You can see why this was a mixed-bag performance, despite the gaudy strikeout totals. While Odorizzi showed some top-notch stuff, particularly with the split-change, he also routinely missed his spot with a not-overpowering fastball, but the Indians were unable to make him pay. Odorizzi could very well develop into a reliable No. 3ish starter, but he remains all too hittable, allowing a 23.7-percent line-drive rate, and wild, with a 10.5-percent walk rate.

By the numbers

14.7 -- Strikeout rate for the Twins pitching staff. In an era of ever-increasing strikeouts, it's little surprise that the Twins have the third-highest ERA and have allowed the fifth-most runs this year.
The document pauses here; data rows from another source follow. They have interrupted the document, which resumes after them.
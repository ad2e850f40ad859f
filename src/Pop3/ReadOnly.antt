-- ===== src/Pop3/ReadOnly.antt =====
-- The acquisition over POP3 in src/mailarchive/pop3.py sends no `DELE`.
use mailarchive.Base.{
  ℕ, suc, ◌≡◌, refl, String, Bool, true, false, not, ◌||◌, Option, none, some, List, [], ◌∷◌, ◌++◌,
  ◌==◌, if◌then◌else◌,
}
use mailarchive.Base.Lists.{any}
use mailarchive.Base.Text.{codes}
use mailarchive.Host.{Bytes}
use mailarchive.Pop3.Octets.{crlf, bytes_eq, is_ascii, first_word, digits}
use mailarchive.Pop3.Connection.{
  Arrival, Fault, Connection, Exchange, got, failed, ◌>>=◌, positive_line, pending, Sockets, send,
  command_on, command, TlsMode, pop3s, starttls, unprotected, wrap,
}
use mailarchive.Pop3.Listing.{Entry, Parsed, parsed, refused, parse_uidls}
use mailarchive.Pop3.Acquire.{
  dele_word, read_command, read_multiline, read_retr, entries_of, read_uidls, sign_in, closed_after,
  close_on, close, retrieve_all, read_greeted, read_open_on, secured, read_open, session,
  closing_session, acquire,
}
use mailarchive.Pop3.Commands.{
  final, IsHarmless, IsReadOnly, >>=-IsReadOnly, elim-IsReadOnly, if-IsReadOnly,
  positive_line-IsReadOnly, collect-IsReadOnly,
}

module _ (net : Sockets) where
  send-IsReadOnly :
      (line : Bytes) (c : Connection)
      → IsHarmless net (line ++ crlf)
      → IsReadOnly net c
      → IsReadOnly net (final (send net line c))
  unfolding send
  send-IsReadOnly line c harmless h =
      if-IsReadOnly net (not (is_ascii line)) _ _ h
        (if-IsReadOnly net (net.sendall c.written (line ++ crlf)) _ _ (h.0, (harmless, h.1)) h)

  command_on-IsReadOnly :
      (s : Option (List Arrival)) (line : Bytes) (c : Connection)
      → (any (λ x. x == 13) line || any (λ x. x == 10) line) ≡ false
      → bytes_eq (net.upper (first_word line)) dele_word ≡ false
      → IsReadOnly net c
      → IsReadOnly net (final (command_on net s line c))
  unfolding command_on
  command_on-IsReadOnly none line c clean harmless h = h
  command_on-IsReadOnly (some arrivals) line c clean harmless h =
      let noted = record c { commands = net.upper (first_word line) ∷ c.commands } in
      >>=-IsReadOnly net (send net line noted) _
        (send-IsReadOnly line noted (line, refl, clean, harmless) ((harmless, h.0), h.1))
        (λ _ d k. positive_line-IsReadOnly net d k)

  command-IsReadOnly :
      (line : Bytes) (c : Connection)
      → bytes_eq (net.upper (first_word line)) dele_word ≡ false
      → IsReadOnly net c
      → IsReadOnly net (final (command net line c))
  unfolding command
  command-IsReadOnly line c harmless h =
      tested (any (λ x. x == 13) line || any (λ x. x == 10) line) refl
    where
      tested :
          (b : Bool)
          → (any (λ x. x == 13) line || any (λ x. x == 10) line) ≡ b
          → IsReadOnly net
              (final (if b then failed Fault.invalid_command c else command_on net c.sock line c))
      tested true e = h
      tested false e = command_on-IsReadOnly c.sock line c e harmless h

  read_command-IsReadOnly :
      (line : Bytes) (c : Connection)
      → IsReadOnly net c
      → IsReadOnly net (final (read_command net line c))
  unfolding read_command
  read_command-IsReadOnly line c h = tested (bytes_eq (net.upper (first_word line)) dele_word) refl
    where
      tested :
          (b : Bool)
          → bytes_eq (net.upper (first_word line)) dele_word ≡ b
          → IsReadOnly net
              (final (elim b [ true ↦ failed Fault.forbidden c | false ↦ command net line c ]))
      tested true e = h
      tested false e = command-IsReadOnly line c e h

  read_multiline-IsReadOnly :
      (line : Bytes) (c : Connection)
      → IsReadOnly net c
      → IsReadOnly net (final (read_multiline net line c))
  unfolding read_multiline
  read_multiline-IsReadOnly line c h =
      >>=-IsReadOnly net (read_command net line c) _ (read_command-IsReadOnly line c h)
        (λ _ d k. collect-IsReadOnly net (suc (pending d)) [] d k)

  retrieve_all-IsReadOnly :
      (numbers : List ℕ) (c : Connection)
      → IsReadOnly net c
      → IsReadOnly net (final (retrieve_all net numbers c))
  unfolding retrieve_all read_retr
  retrieve_all-IsReadOnly [] c h = h
  retrieve_all-IsReadOnly (number ∷ numbers) c h =
      >>=-IsReadOnly net (read_retr net number c) _
        (elim-IsReadOnly net (number == 0) _ _ h
          (read_multiline-IsReadOnly (codes "RETR " ++ digits number) c h))
        λ raw d k.
          >>=-IsReadOnly net (retrieve_all net numbers d) _ (retrieve_all-IsReadOnly numbers d k)
            (λ messages u l. l)

  entries_of-IsReadOnly :
      (p : Parsed) (c : Connection) → IsReadOnly net c → IsReadOnly net (final (entries_of net p c))
  unfolding entries_of
  entries_of-IsReadOnly (parsed u) c h = h
  entries_of-IsReadOnly (refused fault) c h = h

  read_uidls-IsReadOnly :
      (c : Connection) → IsReadOnly net c → IsReadOnly net (final (read_uidls net c))
  unfolding read_uidls
  read_uidls-IsReadOnly c h =
      >>=-IsReadOnly net (read_multiline net (codes "UIDL") c) _
        (read_multiline-IsReadOnly (codes "UIDL") c h)
        (λ reply d k. entries_of-IsReadOnly (parse_uidls reply) d k)

  sign_in-IsReadOnly :
      (username password : Bytes) (c : Connection)
      → IsReadOnly net c
      → IsReadOnly net (final (sign_in net username password c))
  unfolding sign_in
  sign_in-IsReadOnly username password c h =
      >>=-IsReadOnly net (read_command net (codes "USER " ++ username) c) _
        (read_command-IsReadOnly (codes "USER " ++ username) c h)
        (λ _ d k. read_command-IsReadOnly (codes "PASS " ++ password) d k)

  wrap-IsReadOnly :
      (host : String) (s : Option (List Arrival)) (c : Connection)
      → IsReadOnly net c
      → IsReadOnly net (final (wrap net host s c))
  unfolding wrap
  wrap-IsReadOnly host none c h = h
  wrap-IsReadOnly host (some arrivals) c h = secured_or (net.wrap_socket host arrivals)
    where
      secured_or :
          (o : Option (List Arrival))
          → IsReadOnly net (
              final (elim o [
                | none ↦ failed Fault.os_error c
                | some raw ↦ got tt (record c { sock = some raw })
              ]))
      secured_or none = h
      secured_or (some raw) = h

  after_greeting-IsReadOnly :
      (host : String) (mode : TlsMode) (c : Connection)
      → IsReadOnly net c
      → IsReadOnly net (
          final (elim mode [
            | starttls ↦ read_command net (codes "STLS") c >>= λ _ d. wrap net host d.sock d
            | _ ↦ got tt c
          ]))
  after_greeting-IsReadOnly host pop3s c h = h
  after_greeting-IsReadOnly host unprotected c h = h
  after_greeting-IsReadOnly host starttls c h =
      >>=-IsReadOnly net (read_command net (codes "STLS") c) _
        (read_command-IsReadOnly (codes "STLS") c h) (λ _ d k. wrap-IsReadOnly host d.sock d k)

  read_open_on-IsReadOnly :
      (host : String) (mode : TlsMode) (o : Option (List Arrival)) (c : Connection)
      → IsReadOnly net c
      → IsReadOnly net (final (read_open_on net host mode o c))
  unfolding read_open_on read_greeted
  read_open_on-IsReadOnly host mode none c h = h
  read_open_on-IsReadOnly host mode (some raw) c h =
      >>=-IsReadOnly net (positive_line (record c { sock = some raw })) _
        (positive_line-IsReadOnly net (record c { sock = some raw }) h)
        (λ _ d k. after_greeting-IsReadOnly host mode d k)

  session-IsReadOnly :
      (host : String) (port : ℕ) (mode : TlsMode) (username password : Bytes)
      (wanted : List Entry → List ℕ) (c : Connection)
      → IsReadOnly net c
      → IsReadOnly net (final (session net host port mode username password wanted c))
  unfolding session read_open
  session-IsReadOnly host port mode username password wanted c h =
      >>=-IsReadOnly net (read_open net host port mode c) _
        (read_open_on-IsReadOnly host mode (secured net host mode (net.create_connection host port))
          c h)
        λ _ c1 h1.
          >>=-IsReadOnly net (sign_in net username password c1) _
            (sign_in-IsReadOnly username password c1 h1)
            λ _ c2 h2.
              >>=-IsReadOnly net (read_uidls net c2) _ (read_uidls-IsReadOnly c2 h2)
                (λ entries c3 h3. retrieve_all-IsReadOnly (wanted entries) c3 h3)

  closed_after-IsReadOnly :
      (e : Exchange Bytes) → IsReadOnly net (final e) → IsReadOnly net (closed_after net e)
  unfolding closed_after
  closed_after-IsReadOnly (got line c) h = h
  closed_after-IsReadOnly (failed fault c) h = h

  close_on-IsReadOnly :
      (s : Option (List Arrival)) (c : Connection)
      → IsReadOnly net c
      → IsReadOnly net (close_on net s c)
  unfolding close_on
  close_on-IsReadOnly none c h = h
  close_on-IsReadOnly (some arrivals) c h =
      closed_after-IsReadOnly (read_command net (codes "QUIT") c)
        (read_command-IsReadOnly (codes "QUIT") c h)

  close-IsReadOnly : (c : Connection) → IsReadOnly net c → IsReadOnly net (close net c)
  unfolding close
  close-IsReadOnly c h = close_on-IsReadOnly c.sock c h

  closing_session-IsReadOnly :
      (e : Exchange (List Bytes))
      → IsReadOnly net (final e)
      → IsReadOnly net (final (closing_session net e))
  unfolding closing_session
  closing_session-IsReadOnly (got messages c) h = close-IsReadOnly c h
  closing_session-IsReadOnly (failed fault c) h = close-IsReadOnly c h

  -- An acquisition, whatever it is configured with, whatever the server sends and however it ends:
  -- each call of `sendall` that returned has sent one line, closed by CR LF, whose first word is not
  -- `DELE` in any letters, and no such command is recorded, where that was so before it.
  pub acquire-IsReadOnly :
      (host : String) (port : ℕ) (mode : TlsMode) (username password : Bytes)
      (wanted : List Entry → List ℕ) (c : Connection)
      → IsReadOnly net c
      → IsReadOnly net (final (acquire net host port mode username password wanted c))
  unfolding acquire
  acquire-IsReadOnly host port mode username password wanted c h =
      closing_session-IsReadOnly (session net host port mode username password wanted c)
        (session-IsReadOnly host port mode username password wanted c h)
9 -- Home runs allowed by David Price in 53 2/3 innings. If you're wondering what's driving his high ERA this year, wonder no longer. Price has a ridiculous 9.7 K/BB ratio (58 strikeouts against six walks), and it's just a matter of time before the ERA starts to come back to earth. Now would be a good time to see if his owner would like to sell.

2 -- Three pitchers are tied for the league lead with two complete games. One, Johnny Cueto, won't surprise you. The others likely will -- Henderson Alvarez and Martin Perez.

99.5 -- Cueto's strand rate after allowing his first run to score on something other than a home run in his last start. The first nine runs he allowed this season all came by virtue of the long ball.

46 -- The combined save total for Francisco Rodriguez, Fernando Rodney, Tommy Hunter and LaTroy Hawkins. The lesson, as always: Never pay for saves.